Barry - Yes. So Martha's been chewing some minty chewing gum and I hope by now the mintiness has disappeared.
Martha - Yes and it's going a bit cardboardy and generally not very nice.
Barry - OK. So now what I'm going to do is I'm going to ask you to take it out of your mouth and roll it in this little mound of icing sugar that I've got in front of you and if you just pop that back and have a chew on it.
Martha - Urgh, choking on some icing sugar.
Barry - Tell me how it tastes now. Just keep chewing away for a moment or two. So what we're really investigating is the way that one sense has an impact on another. So, here we're talking about how taste might affect smell.
Martha - Mmm...Yeah, so it's definitely tasting newer again and yeah, the mintiness is coming back.
Barry - So the mintiness has come back and that's amazing because there is no mint in icing suger. So that's a strange effect. What you're getting is the fact that when you combine the sugar with the odour in your mouth, you get something super-additive that's more than the sum of the parts. You're not getting them both together, you're getting the sugar boosting your ability to detect mint and the mint seems to resume its presence.
Chris - Does this manifest anywhere else in the food industry? Do other manufacturers use this effect to enhance other flavours?

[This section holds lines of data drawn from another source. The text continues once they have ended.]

-- ===== src/KeyRing/App/Saved.antt =====
-- old/app.go: what `Save` leaves in the settings and in the menu, and what `DeleteKey` changes.
use omni_sshagent.Base.{
  Bool, Option, none, some, ◌⊎◌, refl, ok, err, is_some, All, ◌≡◌, ◌≢◌, ap, ◌∙◌, arith,
  Option-cases, Result-cases, inl, inr,
}
use omni_sshagent.Base.Text.{Text, codes, equal_iff}
use omni_sshagent.KeyRing.Settings.{add_key_settings}
use omni_sshagent.KeyRing.Settings.Stored.{IsStripped, add_key_settings-IsStripped}
use omni_sshagent.KeyRing.Load.{local_store}
use omni_sshagent.KeyRing.Agent.Adding.{add_key-Keeps}
use omni_sshagent.KeyRing.{PrivateKeyFile, SaveData, System, State, failed, ◌>>=◌}
use omni_sshagent.KeyRing.Settings.Stored.{save-Keeps}
use omni_sshagent.KeyRing.App.{
  App, apply_debug_log_menu_state, set_debug_log_enabled, save_settings, delete_key, add_local_file,
}

module _ (sys : System) where
  set_debug_log_enabled-save_data :
      (b : Bool) (a : App sys)
      → (set_debug_log_enabled sys b a).ring.save_data ≡ record a.ring.save_data { debug_log = b }
  unfolding set_debug_log_enabled apply_debug_log_menu_state
  set_debug_log_enabled-save_data b a = elim (Option-cases a.debug_item) [
    | inl e ↦ rw (e, set_debug_log_enabled, apply_debug_log_menu_state)
    | inr (c, e) ↦ rw (e, set_debug_log_enabled, apply_debug_log_menu_state)
  ]

  -- `Save` leaves in the settings what it was given, except for the keys, which stay as they were;
  -- whether the file is then written or not.
  pub save_settings-save_data :
      (d : SaveData) (a : App sys)
      → (save_settings sys d a).0.ring.save_data ≡ record d { keys = a.ring.save_data.keys }
  unfolding save_settings
  save_settings-save_data d a =
      save-Keeps sys _
      ∙ ap (λ (old : SaveData). record d { keys = old.keys; debug_log = old.debug_log })
          (set_debug_log_enabled-save_data d.debug_log a)

  -- An item of the menu that shows this flag, or none.
  abbrev pub IsShown : Bool → Option Bool → Type 0
  IsShown b item = (item ≡ none) ⊎ (item ≡ some b)

  -- The flag of the log and the one in the settings are this one, and the items that the menu has
  -- show it.
  abbrev pub Agrees : Bool → App sys → Type 0
  Agrees b a =
      (a.log_enabled ≡ b)
      × (a.ring.save_data.debug_log ≡ b)
      × IsShown b a.debug_item
      × IsShown b a.dir_item

  set_debug_log_enabled-Agrees :
      (b : Bool) (a : App sys)
      → is_some a.debug_item ≡ is_some a.dir_item
      → Agrees b (set_debug_log_enabled sys b a)
  unfolding set_debug_log_enabled apply_debug_log_menu_state
  set_debug_log_enabled-Agrees b a h = elim (Option-cases a.debug_item) [
    | inl e ↦
        rw (e, set_debug_log_enabled, apply_debug_log_menu_state)
          (refl, refl, inl e, ground (arith, e, h))
    | inr (c, e) ↦
        rw (e, set_debug_log_enabled, apply_debug_log_menu_state)
          (refl, refl, inr refl, ground (arith, e, h))
  ]

  -- With both menu items or neither, the log, the settings and the menu agree after `Save` on the
  -- flag that it was given, whatever they were before.
  pub save_settings-Agrees :
      (d : SaveData) (a : App sys)
      → is_some a.debug_item ≡ is_some a.dir_item
      → Agrees d.debug_log (save_settings sys d a).0
  unfolding save_settings
  save_settings-Agrees d a h =
      let (e, f, i, j) = set_debug_log_enabled-Agrees d.debug_log a h in
      (e, ap (λ (r : SaveData). r.debug_log) (save-Keeps sys _) ∙ f, i, j)

  -- Unless the dialog is answered with `Yes`, `DeleteKey` fails and changes nothing.
  pub delete_key_unanswered :
      (answer sha256 : Text) (s : State sys)
      → answer ≢ codes "Yes"
      → delete_key sys (ok answer) sha256 s ≡ (s, err (failed (codes "cancel")))
  unfolding delete_key
  delete_key_unanswered answer sha256 s h = ground (arith, equal_iff answer (codes "Yes"))

  -- Behind `AddLocalFile`, whether it succeeds or not, no passphrase stands in the settings, if none
  -- stood there before.
  pub add_local_file-IsStripped :
      (key : PrivateKeyFile) (s : State sys)
      → All IsStripped s.save_data.keys
      → All IsStripped (add_local_file sys key s).0.save_data.keys
  unfolding add_local_file
  add_local_file-IsStripped key s h =
      let named = record key { name = sys.base key.file_path; store_type = local_store } in
      elim (Result-cases (add_key_settings sys named s).1) [
        | inl (id, e) ↦
            rw (e, add_local_file, ◌>>=◌)
              (rw (add_key-Keeps sys id (add_key_settings sys named s).0)
                (add_key_settings-IsStripped sys named s h))
        | inr (x, e) ↦ rw (e, add_local_file, ◌>>=◌) (add_key_settings-IsStripped sys named s h)
      ]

Barry - Yes, and they do it often with smell to taste going in the other direction. So when you smell vanilla, people often say it smells sweet. And we know that if you're tasting a liquid, say, and get a vanilla aroma with it, it will taste sweeter. And that's, in fact why vanilla ice cream is much better to make than anything else, because you can use less sugar to produce it because you've got the vanilla smell to give us this sweet experience.
Chris - You can legitimately argue it's a diet ice cream.
Barry - It's a diet ice cream.
43:37 - How does the placebo effect work?
How does the placebo effect work?
with Karen Jensen, Harvard University; John Forrester, Cambridge University; Shane Glacken, University of Exeter
Martha:: The placebo effect is a reported improvement in a patient's condition in response to their own expectation that a drug or treatment will make them better. Even giving a person a pill containing sugar and nothing else can still produce powerful painkilling effects if the person believes it's an analgesic. So, what's going on in the brain to make this happen? I began by speaking with Harvard based research fellow in psychiatry Karen Jensen.
Karen:: The first study that provided the biological evidence for the placebo effect was done in the 70s by a researcher called Levine and he was able to show that he could block the placebo effect by giving people an antagonist for opioids.
Martha:: Opioid antagonists prevent opioid chemicals - for example, painkilling drugs like codeine and morphine - from binding to their receptors in the brain. This acts to lower the sensation of pain in the body. Levine showed that the placebo effect was also reduced when these opioid receptors were blocked, meaning that the analgesic placebo effect involves these chemical receptors just as much as chemical painkillers do. There are, however, some interesting differences in the brain during placebo and active analgesia treatments. Brain imaging studies by Jensen and her colleagues showed that the prefrontal cortex, the outermost layer of the front part of the brain, seems to play a stronger role in placebo treatments...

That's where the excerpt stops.